As a result of the discussions among the symposium participants they issued a ‘plea’ (vädjan) to the Nobel Foundation (with copies sent to the Swedish minister of education and the Bank of Sweden Foundation, which funded the Nobel Symposia) that it would consider organizing a string of new symposia on issues which they suggested.Footnote 84 By way of illustrating what the group might come up with, four examples were given: the ‘emergence of new viral diseases’, nutritional requirements depending on genetic make-up, how to buffer the ‘shocks of new technology’, and the genetic engineering of crops.Footnote 85

The foundation did act on the ‘plea’, but not by adopting the suggested list. Instead, they proceeded with a collaboration with the Rockefeller Foundation initiated around four months before Nobel Symposium 14, which was connected with preparations for the UN environmental conference. In January 1970, Nils Ståhle met with Sverker Åström and provided him with a summary of the symposium discussions and a copy of the plea for a continuation.Footnote 86 The object of the meeting was to decide on a model for collaboration with the UN conference, including workshops sponsored by the Rockefeller and Nobel Foundations. They agreed that the Nobel Foundation should not decide topics for new symposia at the request of the UN conference organizers, but that such matters should be treated informally through individual contacts, which is what happened.
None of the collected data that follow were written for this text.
-- ===== src/Common/Sets.antt =====
-- Lists of addresses as sets: membership by a test, distinctness, removal of one element.
use Prim.Native.Nat.{ℕ, suc}
use mathlib.Core.Path.{◌≡◌, refl}
use mathlib.Core.Bool.{Bool, true, false, ◌||◌}
use mathlib.Core.List.{List, [], ◌∷◌, ◌++◌}
use native.Mathlib.Omega.{arith}
use qphi.Common.Tests.{◌==◌, if◌then◌else◌}
use qphi.Common.Lists.{length, All}

abbrev pub has : ℕ → List ℕ → Bool
has a [] = false
has a (x ∷ xs) = (a == x) || has a xs

abbrev pub Distinct : List ℕ → Type 0
Distinct [] = Unit
Distinct (x ∷ xs) = (has x xs ≡ false) × Distinct xs

abbrev pub erase : ℕ → List ℕ → List ℕ
erase a [] = []
erase a (x ∷ xs) = if a == x then xs else x ∷ erase a xs

-- no element of the first list is in the second
abbrev pub Apart : List ℕ → List ℕ → Type 0
Apart xs ys = All (λ x. has x ys ≡ false) xs

pub has-append : (a : ℕ) (xs ys : List ℕ) → has a (xs ++ ys) ≡ (has a xs || has a ys)
has-append a [] ys = refl
has-append a (x ∷ xs) ys = ground (arith, has-append a xs ys)

pub Apart-cons : (xs ys : List ℕ) (a : ℕ) → has a xs ≡ false → Apart xs ys → Apart xs (a ∷ ys)
Apart-cons [] ys a h d = tt
Apart-cons (x ∷ xs) ys a h d = (ground arith, Apart-cons xs ys a (ground arith) d.1)

pub has-Apart : (xs ys : List ℕ) (a : ℕ) → Apart xs ys → has a ys ≡ true → has a xs ≡ false
has-Apart [] ys a d h = refl
has-Apart (x ∷ xs) ys a d h = ground (arith, has-Apart xs ys a)

pub has-erase : (a b : ℕ) (xs : List ℕ) → has a xs ≡ false → has a (erase b xs) ≡ false
has-erase a b [] h = refl
has-erase a b (x ∷ xs) h = ground (arith, has-erase a b xs)

pub has-erase_self : (a : ℕ) (xs : List ℕ) → Distinct xs → has a (erase a xs) ≡ false
has-erase_self a [] d = refl
has-erase_self a (x ∷ xs) d = ground (arith, has-erase_self a xs)

pub Distinct-erase : (a : ℕ) (xs : List ℕ) → Distinct xs → Distinct (erase a xs)
Distinct-erase a [] d = tt
Distinct-erase a (x ∷ xs) d = ground (arith, Distinct-erase a xs, has-erase x a xs)

pub Apart-erase : (xs ys : List ℕ) (a : ℕ) → Apart xs ys → Apart xs (erase a ys)
Apart-erase [] ys a d = tt
Apart-erase (x ∷ xs) ys a d = (has-erase x a ys d.0, Apart-erase xs ys a d.1)

pub length-erase : (a : ℕ) (xs : List ℕ) → has a xs ≡ true → suc (length (erase a xs)) ≡ length xs
length-erase a [] h = ground arith
length-erase a (x ∷ xs) h = ground (arith, length-erase a xs)

pub All-erase {κ} : (P : ℕ → Type κ) (a : ℕ) (xs : List ℕ) → All P xs → All P (erase a xs)
All-erase P a [] h = tt
All-erase P a (x ∷ xs) h = ground (arith, All-erase P a xs)

pub All-has {κ} : (P : ℕ → Type κ) (a : ℕ) (xs : List ℕ) → All P xs → has a xs ≡ true → P a
All-has P a [] h e = ground arith
All-has P a (x ∷ xs) h e = ground (arith, All-has P a xs)

pub Apart-nil : (xs : List ℕ) → Apart xs []
Apart-nil [] = tt
Apart-nil (x ∷ xs) = (refl, Apart-nil xs)

-- What a distinct list says of its two parts.
pub Distinct-parts :
    (xs ys : List ℕ)
    → Distinct (xs ++ ys)
    → Distinct xs × Distinct ys × ((a : ℕ) → has a ys ≡ true → has a xs ≡ false)
Distinct-parts [] ys d = (tt, d, λ a i. refl)
Distinct-parts (x ∷ xs) ys d =
    let r = Distinct-parts xs ys d.1 in
    (
      (ground (arith, has-append x xs ys, d.0), r.0),
      r.1,
      λ a i. let j = r.2 a i in ground (arith, has-append x xs ys, d.0),
    )
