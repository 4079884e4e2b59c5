-- ===== src/Common/Totality.antt =====
-- Total correctness of a computation that may fault: it returns, and what it returns meets `P`.
use mathlib.Core.Path.{◌≡◌, refl}
use mathlib.Core.Option.{Option, none, some}

abbrev pub Returns {ℓ} : {A : Type ℓ} → (A → Type 0) → Option A → Type 0
Returns P none = ⊥
Returns P (some a) = P a

pub Returns-some {ℓ} :
    {A : Type ℓ} (P : A → Type 0) (m : Option A) → Returns P m → (a : A) × (m ≡ some a) × P a
Returns-some P none h = absurd h
Returns-some P (some a) h = (a, refl, h)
In spring 1970 the Nobel Foundation resumed discussions with Rockefeller concerning ‘selective collaboration’ on ‘small, high-level conferences on important contemporary concerns’.Footnote 87 Tiselius – again arguing in favour of the social-network model – suggested a small meeting involving the ‘wise men’ advisers for Nobel Symposium 14 to decide which topics were suitable for a more focused meeting that could feed into the planning process of the UN conference.Footnote 88 In 1971 a first workshop, under the title Contacts, Co-operation and Collaboration, would be held at the Rockefeller Foundation's Villa Serbelloni.Footnote 89 In the workshop programme it was pointed out that the topics discussed at Nobel Symposium 14, in particular North–South relations and also environmental problems, were extremely complex and that the many proposals for action in this area by various organizations were difficult to evaluate. Hence a new Nobel symposium in 1973 should be dedicated to that question. It was described as a ‘follow-up’ to Nobel Symposium 14, as well as a kind of evaluation of the UN conference that would take place in 1972. In this way, it was hoped, the Nobel Foundation could act as a ‘catalyzer for better co-operation’.Footnote 90 Nobel Symposium 26 on Coordination in the Field of Science and Technology was held in Oslo 1973 with half a dozen people from Nobel Symposium 14 participating.Footnote 91 Nobel Symposium 29, on Man, Environment, and Resources (1974) also derived its agenda from Symposium 14 and from the UN conference, with key participants (Barbara Ward, Maurice F. Strong) from the latter attending. Both symposia hence exemplify the medium-term effects of the intellectual agenda and network deriving from Symposium 14.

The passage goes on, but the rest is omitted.